AUBURN – Brandon Thongsavanh’s sentencing has been put off until January.
Last month, Thongsavanh, 22, was convicted for a second time of killing Morgan McDuffee, then 22 and a Bates College senior and captain of its lacrosse team, in March 2002.
A hearing on a motion filed by Thongsavanh’s lawyer, David Van Dyke of Lewiston, seeking a new trial was scheduled to be heard in Androscoggin County Superior Court this morning.
That hearing was to have been followed by sentencing.
On Friday, Justice Ellen Gorman postponed both the hearing and sentencing. Court officials said a family emergency involving one of the lawyers handling the case prompted the delay.
A court spokeswoman said the hearing and sentencing will be rescheduled for sometime in January.
Thongsavanh’s 2003 conviction in McDuffee’s slaying was overturned by Maine’s Supreme Judicial Court, which found that jurors might have been biased by repeated references to a T-shirt bearing the likeness of a naked woman and an obscene reference to Jesus Christ.
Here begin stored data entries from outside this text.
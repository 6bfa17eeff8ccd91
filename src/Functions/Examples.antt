-- ===== src/Functions/Examples.antt =====
-- Runs of the numeric helpers.
use rm32_private.Base.{◌≡◌, refl}
use rm32_private.Base.Int.{pos, negsuc, ◌+ℤ◌, ◌-ℤ◌, ◌*ℤ◌, ◌/ℤ◌}
use rm32_private.Base.Word.{i32}
use rm32_private.Functions.{map, get_abs_dif}

halfway : map (pos 50) (pos 0) (pos 100) (pos 0) (pos 1000) ≡ pos 500
unfolding map i32 ◌+ℤ◌ ◌-ℤ◌ ◌*ℤ◌ ◌/ℤ◌
halfway = refl

inverted : map (pos 50) (pos 100) (pos 0) (pos 0) (pos 1000) ≡ pos 500
unfolding map i32 ◌+ℤ◌ ◌-ℤ◌ ◌*ℤ◌ ◌/ℤ◌
inverted = refl

below_range : map (negsuc 9) (pos 0) (pos 100) (pos 0) (pos 1000) ≡ pos 0
unfolding map i32 ◌+ℤ◌ ◌-ℤ◌ ◌*ℤ◌ ◌/ℤ◌
below_range = refl

difference : get_abs_dif (pos 0) (negsuc 999) ≡ 1000
unfolding get_abs_dif i32 ◌-ℤ◌
difference = refl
Thongsavanh was found guilty again in his second trial last month in Cumberland County Superior Court in Portland. The trial was moved there to find a jury not tainted by pre-trial publicity.
Assistant Attorney General Lisa Marchese has said she’ll ask Gorman to sentence Thongsavanh to at least 58 years in prison. That’s the sentence Gorman imposed following the first trial.
Van Dyke wants the judge to toss the trial and order a new one. He says jurors should have been instructed they could Thongsavanh guilty of manslaughter instead of murder. A manslaughter sentence wouldn’t exceed 30 years.
Marchese said the judge gave the jury the proper instructions, noting that McDuffee’s five stab wounds the back and chest, including one that pierced his heart, weren’t accidental.